- Task item
The stretch from the line with "-- The key of" through the line with "observe_round offset r (o" in the records below: write it out exactly, and nothing else.
▼▼▼
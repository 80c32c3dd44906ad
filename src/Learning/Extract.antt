-- ===== src/Learning/Extract.antt =====
-- internal/dictionary/extract.go, and `PacketContext` of span.go: every span of a packet.
pub mod Counted
pub mod Keys
pub mod Occurrences
pub mod Tests
use enzo.Prelude.{
  same_bytes, ℕ, zero, suc, ◌+◌, ◌-◌, ◌%◌, ◌^◌, Bool, true, false, ◌&&◌, ◌||◌, List, [], ◌∷◌, ◌++◌,
  Bytes, length, take, drop, ltb, ◌==◌, if◌then◌else◌,
}
use enzo.State.Agreement.{SpanObservation, add_uint64}

-- `PacketContext`
pub record PacketContext : Type 0 where
  pub packet_bytes : Bytes
  pub packet_offset : ℕ
  pub packet_id : ℕ

-- `b[i:j]`
abbrev pub between : Bytes → ℕ → ℕ → Bytes
between b i j = take (j - i) (drop i b)

-- What a round of the innermost loop has cut out.
pub record Round : Type 0 where
  pub const_a : Bytes
  pub lane : Bytes
  pub const_b : Bytes
  pub i_b : ℕ

-- The loop on `iB`, with the rounds that are left: those that reach the map.
unfoldable pub rounds_b : Bytes → ℕ → ℕ → ℕ → ℕ → List Round
rounds_b b i i_a zero i_b = []
rounds_b b i i_a (suc left) i_b =
    let const_a = between b i i_a in
    let lane = between b i_a i_b in
    let const_b = between b i_b (i_b + 1) in
    let rest = rounds_b b i i_a left (suc i_b) in
    if ltb (length b) (i_b + 1)
    then rest
    else if length const_a == 0 || length lane == 0 || length const_b == 0
    then rest
    else record { const_a = const_a; lane = lane; const_b = const_b; i_b = i_b } ∷ rest

-- The loop on `iA`.
unfoldable pub rounds_a : Bytes → ℕ → ℕ → ℕ → List Round
rounds_a b i zero i_a = []
rounds_a b i (suc left) i_a =
    rounds_b b i i_a (length b - (i_a + 1)) (i_a + 1) ++ rounds_a b i left (suc i_a)

-- The loop on `i`.
unfoldable pub rounds : Bytes → ℕ → ℕ → List Round
rounds b zero i = []
rounds b (suc left) i = rounds_a b i (length b - 1 - (i + 1)) (i + 1) ++ rounds b left (suc i)

abbrev pub new_observation : ℕ → Round → SpanObservation
new_observation offset r = record {
  const_a = r.const_a;
  const_b = r.const_b;
  intra_hits = 0;
  span_size = (length r.const_a + length r.lane + length r.const_b) % 2 ^ 32;
  last_seen_offset = add_uint64 offset r.i_b;
}

abbrev pub hit_again : ℕ → Round → SpanObservation → SpanObservation
hit_again offset r o = record o {
  intra_hits = (o.intra_hits + 1) % 2 ^ 16;
  last_seen_offset = add_uint64 offset r.i_b;
}

-- The key of an observation in `obs`, which its constants are.
abbrev pub has_key : Bytes → Bytes → SpanObservation → Bool
has_key a z o = same_bytes a o.const_a && same_bytes z o.const_b

-- The body of the innermost loop, on the values of `obs`.
unfoldable pub observe_round : ℕ → Round → List SpanObservation → List SpanObservation
observe_round offset r [] = hit_again offset r (new_observation offset r) ∷ []
observe_round offset r (o ∷ obs) =
    let rest = observe_round offset r obs in
    if has_key r.const_a r.const_b o then hit_again offset r o ∷ obs else o ∷ rest

unfoldable pub observe_rounds : ℕ → List Round → List SpanObservation → List SpanObservation
observe_rounds offset [] obs = obs
observe_rounds offset (r ∷ rs) obs = observe_rounds offset rs (observe_round offset r obs)

-- `ExtractSpans`; `order` is the one in which the range visits the map.
unfoldable pub extract_spans :
    (List SpanObservation → List SpanObservation) → PacketContext → List SpanObservation
extract_spans order ctx =
    let b = ctx.packet_bytes in
    if length b == 0
    then []
    else order (observe_rounds ctx.packet_offset (rounds b (length b) 0) [])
▲▲▲
- Answer to this task
-- The key of an observation in `obs`, which its constants are.
abbrev pub has_key : Bytes → Bytes → SpanObservation → Bool
has_key a z o = same_bytes a o.const_a && same_bytes z o.const_b

-- The body of the innermost loop, on the values of `obs`.
unfoldable pub observe_round : ℕ → Round → List SpanObservation → List SpanObservation
observe_round offset r [] = hit_again offset r (new_observation offset r) ∷ []
observe_round offset r (o ∷ obs) =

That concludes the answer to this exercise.